ZViz isolates a container workload with five layers of kernel-level enforcement. This page states the trust boundary explicitly so users can decide whether the guarantees match their deployment.

Trusted computing base

Component Why it is trusted
Host kernel All enforcement primitives run in it; a kernel CVE that escapes seccomp/Landlock/namespace isolation defeats every container runtime equally. ZViz reduces but does not eliminate the host kernel surface reachable from inside a container (docs/architecture/comparison.md for the measured number).
ZViz parent supervisor process Sets up the cgroup, writes the user namespace's uid/gid maps, applies Landlock and seccomp in the child before execve. Compromise of the parent before the child enters the sandbox is fatal to isolation.
In-kernel BPF interpreter Evaluates the seccomp filter; assumed correct.
The broker process (when a profile configures one) Mediates argument-sensitive syscalls.
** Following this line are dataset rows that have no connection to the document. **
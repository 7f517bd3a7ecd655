-- ===== src/Net/Forward.antt =====
-- The NAT forwarding of net_demo_process_frame in src/net_demo.c. Each block of the function either
-- returns or falls through to the next with the tables as it left them. `now` is OSTime.
use ucosii_arm64_qemu.Prelude.{
  ℕ, ◌+◌, ◌-◌, Bool, true, Option, none, some, List, [], ◌∷◌, leb, ◌==◌, if◌then◌else◌, ◌&&◌, ◌||◌,
  u8,
}
use ucosii_arm64_qemu.Addr.{Ip, Mac}
use ucosii_arm64_qemu.Nat.Types.{NatState}
use ucosii_arm64_qemu.Nat.Translate.{nat_translate_outbound, nat_translate_inbound}
use ucosii_arm64_qemu.Arp.{arp_cache_lookup}
use ucosii_arm64_qemu.Bytes.{
  Memory, store, store16, load_ip, ip_bytes, mac_bytes, util_memcpy, util_htons,
}
use ucosii_arm64_qemu.Net.Checksum.{tcp_udp_checksum}
use ucosii_arm64_qemu.Net.Frame.{
  Interface, Side, Packet, field16, ip_header_len, total_length, put_checksum, send_icmp_echo_reply,
  send_arp_request_for_ip,
}

-- The global variables that a frame can change.
pub record Gateway : Type 0 where
  pub nat : NatState
  pub lan_if : Interface
  pub wan_if : Interface

-- A return with the frames sent and whether the value was 1, or the end of a block.
pub data Step : Type 0 where
  returns : Gateway → List Packet → Bool → Step
  falls : Gateway → Step

abbrev pub protocol : Memory → ℕ
protocol m = m 23

abbrev pub dst_ip : Memory → Ip
dst_ip m = load_ip m 30

abbrev pub src_ip : Memory → Ip
src_ip m = load_ip m 26

abbrev pub transport_at : Memory → ℕ
transport_at m = 14 + ip_header_len m

-- The header changes common to all four ways: MACs, one address, time to live and checksum.
unfoldable pub readdress : Mac → Mac → ℕ → Ip → Memory → Memory
unfolding put_checksum
readdress src dest field ip m =
    let m1 = util_memcpy m 6 (mac_bytes src) 0 6 in
    let m2 = util_memcpy m1 0 (mac_bytes dest) 0 6 in
    let m3 = util_memcpy m2 field (ip_bytes ip) 0 4 in
    put_checksum (store m3 22 (u8 (m3 22 + 255))) 14 24 (ip_header_len m)

-- The ICMP identifier and checksum.
unfoldable pub rewrite_icmp : ℕ → ℕ → ℕ → Memory → Memory
unfolding put_checksum
rewrite_icmp icmp port len m =
    put_checksum (store16 m (icmp + 4) (util_htons port)) icmp (icmp + 2) len

-- The port at `port_at` and the checksum of TCP or UDP, which is stored as computed.
unfoldable pub rewrite_transport : ℕ → ℕ → ℕ → ℕ → Memory → Memory
rewrite_transport hdr port_at port len m =
    let field = if m 23 == 6 then hdr + 16 else hdr + 6 in
    let zeroed = store16 (store16 m port_at (util_htons port)) field 0 in
    store16 zeroed field (tcp_udp_checksum zeroed 14 hdr len)

abbrev pub min_transport_len : Memory → ℕ
min_transport_len m = if protocol m == 6 then 20 else 8

abbrev pub is_tcp_udp : Memory → Bool
is_tcp_udp m = protocol m == 6 || protocol m == 17

-- The rest of an inbound block once the reverse translation has answered.
unfoldable pub deliver : (Memory → ℕ → Memory) → ℕ → Memory → Gateway → Option (Ip × ℕ) → Step
unfolding readdress
deliver rewrite length m g none = Step.falls g
deliver rewrite length m g (some (lan_ip, lan_port)) =
    if leb length 1518 && g.lan_if.has_dev
    then elim (arp_cache_lookup lan_ip g.nat.arp_table) [
      | none ↦ Step.returns g [] true
      | some dest ↦
          let out = rewrite (readdress g.lan_if.mac dest 30 lan_ip m) lan_port in
          Step.returns g
            (record { side = Side.lan; frame = out; length = 14 + total_length m } ∷ []) true
    ]
    else Step.falls g

-- `nat_translate_inbound` for an ICMP echo reply, and what follows it.
unfoldable pub inbound_icmp : ℕ → Memory → ℕ → Gateway → Step
unfolding deliver rewrite_icmp
inbound_icmp now m length g =
    let (nat, answer) =
      nat_translate_inbound
        (record {
          protocol = 1;
          wan_port = field16 m (transport_at m + 4);
          src_ip = src_ip m;
          src_port = 0;
        })
        now g.nat in
    deliver (λ out port. rewrite_icmp (transport_at m) port (total_length m - ip_header_len m) out)
      length m (record g { nat = nat }) answer

-- `nat_translate_inbound` for TCP and UDP, and what follows it.
unfoldable pub inbound_transport : ℕ → Memory → ℕ → Gateway → Step
unfolding deliver rewrite_transport
inbound_transport now m length g =
    let (nat, answer) =
      nat_translate_inbound
        (record {
          protocol = if protocol m == 6 then 6 else 17;
          wan_port = field16 m (transport_at m + 2);
          src_ip = src_ip m;
          src_port = field16 m (transport_at m);
        })
        now g.nat in
    deliver
      (λ out port.
        rewrite_transport (transport_at m) (transport_at m + 2) port
          (total_length m - ip_header_len m) out)
      length m (record g { nat = nat }) answer

abbrev pub sent_reply : Option Packet → List Packet
sent_reply none = []
sent_reply (some p) = p ∷ []

-- ICMP from the WAN to the WAN address: a reply is translated, a request answered.
unfoldable pub wan_icmp : ℕ → Memory → Memory → ℕ → Gateway → Step
unfolding inbound_icmp
wan_icmp now stale m length g =
    if leb (ip_header_len m + 8) (total_length m)
    then if m (transport_at m) == 0
      then inbound_icmp now m length g
      else if m (transport_at m) == 8
      then Step.returns g
          (sent_reply (send_icmp_echo_reply stale Side.wan g.wan_if m (14 + total_length m))) true
      else Step.falls g
    else Step.falls g

-- TCP and UDP from the WAN to the WAN address.
unfoldable pub wan_transport : ℕ → Memory → ℕ → Gateway → Step
unfolding inbound_transport
wan_transport now m length g =
    if leb (ip_header_len m + min_transport_len m) (total_length m)
    then inbound_transport now m length g
    else Step.falls g

-- The rest of an outbound block: `missing` is what it sends when the destination's MAC is not known.
unfoldable pub forward_out :
    (Memory → ℕ → Memory) → List Packet → ℕ → Memory → Gateway → Option ℕ → Step
unfolding readdress
forward_out rewrite missing length m g none = Step.falls g
forward_out rewrite missing length m g (some wan_port) =
    if leb length 1518
    then elim (arp_cache_lookup (dst_ip m) g.nat.arp_table) [
      | none ↦ Step.returns g missing true
      | some dest ↦
          let out = rewrite (readdress g.wan_if.mac dest 26 g.wan_if.local_ip m) wan_port in
          Step.returns g
            (record { side = Side.wan; frame = out; length = 14 + total_length m } ∷ []) true
    ]
    else Step.falls g

-- An echo request from the LAN.
unfoldable pub lan_icmp : ℕ → Memory → ℕ → Gateway → Step
unfolding forward_out rewrite_icmp
lan_icmp now m length g =
    let (nat, answer) =
      nat_translate_outbound
        (record {
          protocol = 1;
          lan_ip = src_ip m;
          lan_port = field16 m (transport_at m + 4);
          dst_ip = dst_ip m;
          dst_port = 0;
        })
        now g.nat in
    if leb (ip_header_len m + 8) (total_length m) && m (transport_at m) == 8
    then forward_out
        (λ out port. rewrite_icmp (transport_at m) port (total_length m - ip_header_len m) out) []
        length m (record g { nat = nat }) answer
    else Step.falls g

-- TCP and UDP from the LAN; an unknown destination is asked for.
unfoldable pub lan_transport : ℕ → Memory → Memory → ℕ → Gateway → Step
unfolding forward_out rewrite_transport
lan_transport now stale m length g =
    let (nat, answer) =
      nat_translate_outbound
        (record {
          protocol = if protocol m == 6 then 6 else 17;
          lan_ip = src_ip m;
          lan_port = field16 m (transport_at m);
          dst_ip = dst_ip m;
          dst_port = field16 m (transport_at m + 2);
        })
        now g.nat in
    if leb (ip_header_len m + min_transport_len m) (total_length m)
    then forward_out
        (λ out port.
          rewrite_transport (transport_at m) (transport_at m) port
            (total_length m - ip_header_len m) out)
        (send_arp_request_for_ip stale Side.wan g.wan_if (dst_ip m) ∷ []) length m
        (record g { nat = nat }) answer
    else Step.falls g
The default profile ships with an empty broker set, so most deployments do not need to trust a userspace broker at all.

Attacker capabilities

The container workload is untrusted. The attacker model is:

  • Arbitrary code execution as container-root inside the user namespace (mapped to the invoking user on the host).
  • May issue any syscall, open any path the policy permits, and deliberately probe for escape primitives.
  • Cannot inject code into the parent supervisor or alter the BPF program after execve (NO_NEW_PRIVS plus the irrevocable landlock_restrict_self enforce this).

We do not assume the workload is benign or buggy. The security evaluation in the accompanying paper runs real escape payloads inside the runtime and records the kernel-level outcome.

In scope

  • Container escape via the syscall interface.
  • Capability escalation inside the namespace.
  • Filesystem-access policy violation (paths not granted by Landlock or by an OCI mounts[] entry).
  • Network policy violation (socket-domain filtering blocks AF_PACKET/AF_NETLINK/etc. by default).
  • Resource exhaustion of the host (cgroup memory and pids limits).

Out of scope

The same boundary gVisor draws for its own model:

  • Hardware side channels and firmware attacks.
  • Supply-chain attacks on the runtime itself (a malicious ZViz binary is not a container-escape problem; verify the build).
  • Hypervisor escape (irrelevant; ZViz does not run a hypervisor).
  • Memory-primitive kernel CVEs that work through permitted syscalls (Dirty COW, Dirty Pipe). A syscall filter cannot block these; defending against them is the host kernel's job.

We do not assume the host kernel is bug-free. Instead the paper measures how much of it each runtime exposes, rather than asserting that the residual surface is safe.

What changes if you opt into the broker

Enabling broker-mediated syscalls (e.g. path-restricted openat) adds the broker process to the TCB. Because SECCOMP_RET_USER_NOTIF dereferences pointer arguments in the target's address space, naive brokers are vulnerable to a time-of-check/time-of-use race. ZViz validates the notification id with SECCOMP_IOCTL_NOTIF_ID_VALID before acting; profiles that ship a broker should review this invariant.